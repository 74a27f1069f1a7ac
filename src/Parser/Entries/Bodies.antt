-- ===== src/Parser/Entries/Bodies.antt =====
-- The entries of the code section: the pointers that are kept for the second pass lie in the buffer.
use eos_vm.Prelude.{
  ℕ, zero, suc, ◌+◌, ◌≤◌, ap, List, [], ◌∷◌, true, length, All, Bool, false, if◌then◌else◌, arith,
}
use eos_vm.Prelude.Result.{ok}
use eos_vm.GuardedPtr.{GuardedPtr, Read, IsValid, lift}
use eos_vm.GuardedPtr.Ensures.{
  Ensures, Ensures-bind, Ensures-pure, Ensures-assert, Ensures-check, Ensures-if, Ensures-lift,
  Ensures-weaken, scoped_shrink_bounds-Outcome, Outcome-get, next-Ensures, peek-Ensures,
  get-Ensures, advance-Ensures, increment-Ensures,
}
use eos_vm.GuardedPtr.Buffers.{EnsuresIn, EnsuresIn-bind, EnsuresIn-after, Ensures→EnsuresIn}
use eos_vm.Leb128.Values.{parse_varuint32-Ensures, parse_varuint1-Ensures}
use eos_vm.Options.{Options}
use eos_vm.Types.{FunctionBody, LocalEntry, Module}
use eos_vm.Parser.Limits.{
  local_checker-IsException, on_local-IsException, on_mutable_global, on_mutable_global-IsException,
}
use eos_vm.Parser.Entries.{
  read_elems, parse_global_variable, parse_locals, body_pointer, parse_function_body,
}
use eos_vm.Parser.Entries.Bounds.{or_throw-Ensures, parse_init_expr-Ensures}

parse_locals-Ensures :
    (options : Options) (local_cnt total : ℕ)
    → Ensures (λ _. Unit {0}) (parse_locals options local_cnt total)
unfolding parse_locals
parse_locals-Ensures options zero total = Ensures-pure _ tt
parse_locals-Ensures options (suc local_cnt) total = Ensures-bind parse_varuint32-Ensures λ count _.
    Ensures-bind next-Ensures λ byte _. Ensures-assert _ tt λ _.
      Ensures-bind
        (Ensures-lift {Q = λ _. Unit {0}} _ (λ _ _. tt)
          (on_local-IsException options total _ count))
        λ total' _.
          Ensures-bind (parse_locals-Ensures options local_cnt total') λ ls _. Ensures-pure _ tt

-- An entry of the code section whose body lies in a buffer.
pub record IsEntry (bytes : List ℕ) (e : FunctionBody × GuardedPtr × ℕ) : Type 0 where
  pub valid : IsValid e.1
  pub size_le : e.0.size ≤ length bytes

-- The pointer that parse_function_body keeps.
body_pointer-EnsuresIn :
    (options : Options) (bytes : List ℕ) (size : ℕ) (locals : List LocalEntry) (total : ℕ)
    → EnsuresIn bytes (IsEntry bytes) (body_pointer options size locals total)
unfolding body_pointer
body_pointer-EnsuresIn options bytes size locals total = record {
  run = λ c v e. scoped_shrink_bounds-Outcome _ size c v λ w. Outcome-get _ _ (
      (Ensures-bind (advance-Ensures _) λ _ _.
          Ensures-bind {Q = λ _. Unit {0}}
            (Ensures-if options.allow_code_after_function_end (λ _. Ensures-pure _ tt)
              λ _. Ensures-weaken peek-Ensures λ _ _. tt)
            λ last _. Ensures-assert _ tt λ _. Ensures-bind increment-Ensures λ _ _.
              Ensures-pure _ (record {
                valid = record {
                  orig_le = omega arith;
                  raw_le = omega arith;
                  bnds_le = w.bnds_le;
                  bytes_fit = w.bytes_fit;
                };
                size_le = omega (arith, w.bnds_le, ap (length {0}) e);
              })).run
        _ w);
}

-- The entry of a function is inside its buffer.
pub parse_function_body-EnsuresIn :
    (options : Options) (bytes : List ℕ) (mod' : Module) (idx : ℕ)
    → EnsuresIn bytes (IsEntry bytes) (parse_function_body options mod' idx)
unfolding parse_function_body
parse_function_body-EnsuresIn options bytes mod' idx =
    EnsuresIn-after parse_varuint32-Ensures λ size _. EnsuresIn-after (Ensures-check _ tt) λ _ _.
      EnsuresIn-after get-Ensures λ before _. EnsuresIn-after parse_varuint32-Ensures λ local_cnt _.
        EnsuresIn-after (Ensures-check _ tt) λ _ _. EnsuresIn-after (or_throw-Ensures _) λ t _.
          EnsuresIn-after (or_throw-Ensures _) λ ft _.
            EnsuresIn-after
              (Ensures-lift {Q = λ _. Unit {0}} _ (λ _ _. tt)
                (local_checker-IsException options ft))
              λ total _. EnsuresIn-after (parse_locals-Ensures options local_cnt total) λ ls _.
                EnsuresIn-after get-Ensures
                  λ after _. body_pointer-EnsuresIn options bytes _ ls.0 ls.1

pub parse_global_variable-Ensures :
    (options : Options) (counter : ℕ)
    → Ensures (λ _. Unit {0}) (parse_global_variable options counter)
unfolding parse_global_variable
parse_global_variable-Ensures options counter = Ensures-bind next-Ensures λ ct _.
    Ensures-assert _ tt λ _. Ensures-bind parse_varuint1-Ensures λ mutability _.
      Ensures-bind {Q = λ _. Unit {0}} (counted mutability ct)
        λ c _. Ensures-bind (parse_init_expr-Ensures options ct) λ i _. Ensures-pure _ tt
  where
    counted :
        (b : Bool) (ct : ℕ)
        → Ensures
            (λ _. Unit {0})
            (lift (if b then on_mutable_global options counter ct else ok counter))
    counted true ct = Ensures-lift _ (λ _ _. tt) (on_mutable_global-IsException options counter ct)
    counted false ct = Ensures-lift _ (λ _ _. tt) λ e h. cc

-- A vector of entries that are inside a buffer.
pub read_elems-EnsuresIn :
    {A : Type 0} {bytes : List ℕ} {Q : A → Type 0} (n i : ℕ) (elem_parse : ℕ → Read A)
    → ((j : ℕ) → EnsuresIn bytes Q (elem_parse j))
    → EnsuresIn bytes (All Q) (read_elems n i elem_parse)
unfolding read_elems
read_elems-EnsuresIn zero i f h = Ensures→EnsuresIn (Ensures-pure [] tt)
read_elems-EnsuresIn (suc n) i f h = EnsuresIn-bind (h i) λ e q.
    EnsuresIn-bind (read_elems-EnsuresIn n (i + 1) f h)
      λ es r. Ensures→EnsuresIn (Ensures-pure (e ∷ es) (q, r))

========

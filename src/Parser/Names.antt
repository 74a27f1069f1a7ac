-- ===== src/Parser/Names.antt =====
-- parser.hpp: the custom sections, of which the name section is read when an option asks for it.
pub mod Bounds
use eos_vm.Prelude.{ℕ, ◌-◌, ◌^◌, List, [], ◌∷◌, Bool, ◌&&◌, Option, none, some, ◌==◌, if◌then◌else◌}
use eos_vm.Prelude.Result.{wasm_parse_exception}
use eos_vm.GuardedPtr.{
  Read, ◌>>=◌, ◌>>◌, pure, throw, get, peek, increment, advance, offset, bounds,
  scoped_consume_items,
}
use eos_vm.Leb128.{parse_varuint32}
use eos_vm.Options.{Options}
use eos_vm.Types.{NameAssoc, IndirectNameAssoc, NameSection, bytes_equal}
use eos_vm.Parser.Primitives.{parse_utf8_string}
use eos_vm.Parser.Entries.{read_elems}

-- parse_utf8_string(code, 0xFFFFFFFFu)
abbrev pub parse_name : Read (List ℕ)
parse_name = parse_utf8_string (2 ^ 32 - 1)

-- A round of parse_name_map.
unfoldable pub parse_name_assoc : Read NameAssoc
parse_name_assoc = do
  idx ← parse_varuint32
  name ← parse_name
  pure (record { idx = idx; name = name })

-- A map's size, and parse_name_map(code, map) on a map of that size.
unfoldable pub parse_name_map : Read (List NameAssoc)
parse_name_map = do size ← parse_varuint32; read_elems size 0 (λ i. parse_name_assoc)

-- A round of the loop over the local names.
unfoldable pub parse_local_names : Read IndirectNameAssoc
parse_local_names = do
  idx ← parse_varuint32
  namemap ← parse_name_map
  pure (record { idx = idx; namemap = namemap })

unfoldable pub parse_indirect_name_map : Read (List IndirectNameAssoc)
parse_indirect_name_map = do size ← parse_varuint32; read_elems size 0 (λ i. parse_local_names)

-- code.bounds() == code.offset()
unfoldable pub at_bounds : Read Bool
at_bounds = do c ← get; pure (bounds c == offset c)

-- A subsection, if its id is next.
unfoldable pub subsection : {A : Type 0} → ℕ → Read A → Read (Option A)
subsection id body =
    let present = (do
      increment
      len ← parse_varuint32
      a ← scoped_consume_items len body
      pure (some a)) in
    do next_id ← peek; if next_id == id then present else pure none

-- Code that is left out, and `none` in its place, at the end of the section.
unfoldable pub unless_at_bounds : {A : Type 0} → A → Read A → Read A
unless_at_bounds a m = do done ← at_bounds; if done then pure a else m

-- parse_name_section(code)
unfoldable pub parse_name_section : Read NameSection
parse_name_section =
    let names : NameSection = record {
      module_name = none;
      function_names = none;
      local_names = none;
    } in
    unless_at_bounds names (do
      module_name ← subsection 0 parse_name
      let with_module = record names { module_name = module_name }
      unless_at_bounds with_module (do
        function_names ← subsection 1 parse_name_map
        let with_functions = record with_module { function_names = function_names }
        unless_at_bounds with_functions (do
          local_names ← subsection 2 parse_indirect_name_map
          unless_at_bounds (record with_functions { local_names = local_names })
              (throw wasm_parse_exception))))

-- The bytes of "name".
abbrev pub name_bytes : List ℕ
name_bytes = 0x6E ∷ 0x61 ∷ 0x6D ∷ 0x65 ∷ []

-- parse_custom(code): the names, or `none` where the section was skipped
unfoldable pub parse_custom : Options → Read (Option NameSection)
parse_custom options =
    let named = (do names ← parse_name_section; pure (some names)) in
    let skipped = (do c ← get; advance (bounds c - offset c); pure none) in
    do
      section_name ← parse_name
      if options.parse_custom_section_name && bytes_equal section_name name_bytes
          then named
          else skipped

========

*WHAT THE TASK ASKS*.
Taking the material above, extract exactly and only the lines from the line with "parse_global_variable-Ensures options counter" to the line with "λ es r. Ensures→EnsuresIn", inclusive of both.

*WRITTEN SOLUTION*.
parse_global_variable-Ensures options counter = Ensures-bind next-Ensures λ ct _.
    Ensures-assert _ tt λ _. Ensures-bind parse_varuint1-Ensures λ mutability _.
      Ensures-bind {Q = λ _. Unit {0}} (counted mutability ct)
        λ c _. Ensures-bind (parse_init_expr-Ensures options ct) λ i _. Ensures-pure _ tt
  where
    counted :
        (b : Bool) (ct : ℕ)
        → Ensures
            (λ _. Unit {0})
            (lift (if b then on_mutable_global options counter ct else ok counter))
    counted true ct = Ensures-lift _ (λ _ _. tt) (on_mutable_global-IsException options counter ct)
    counted false ct = Ensures-lift _ (λ _ _. tt) λ e h. cc

-- A vector of entries that are inside a buffer.
pub read_elems-EnsuresIn :
    {A : Type 0} {bytes : List ℕ} {Q : A → Type 0} (n i : ℕ) (elem_parse : ℕ → Read A)
    → ((j : ℕ) → EnsuresIn bytes Q (elem_parse j))
    → EnsuresIn bytes (All Q) (read_elems n i elem_parse)
unfolding read_elems
read_elems-EnsuresIn zero i f h = Ensures→EnsuresIn (Ensures-pure [] tt)
read_elems-EnsuresIn (suc n) i f h = EnsuresIn-bind (h i) λ e q.
    EnsuresIn-bind (read_elems-EnsuresIn n (i + 1) f h)
      λ es r. Ensures→EnsuresIn (Ensures-pure (e ∷ es) (q, r))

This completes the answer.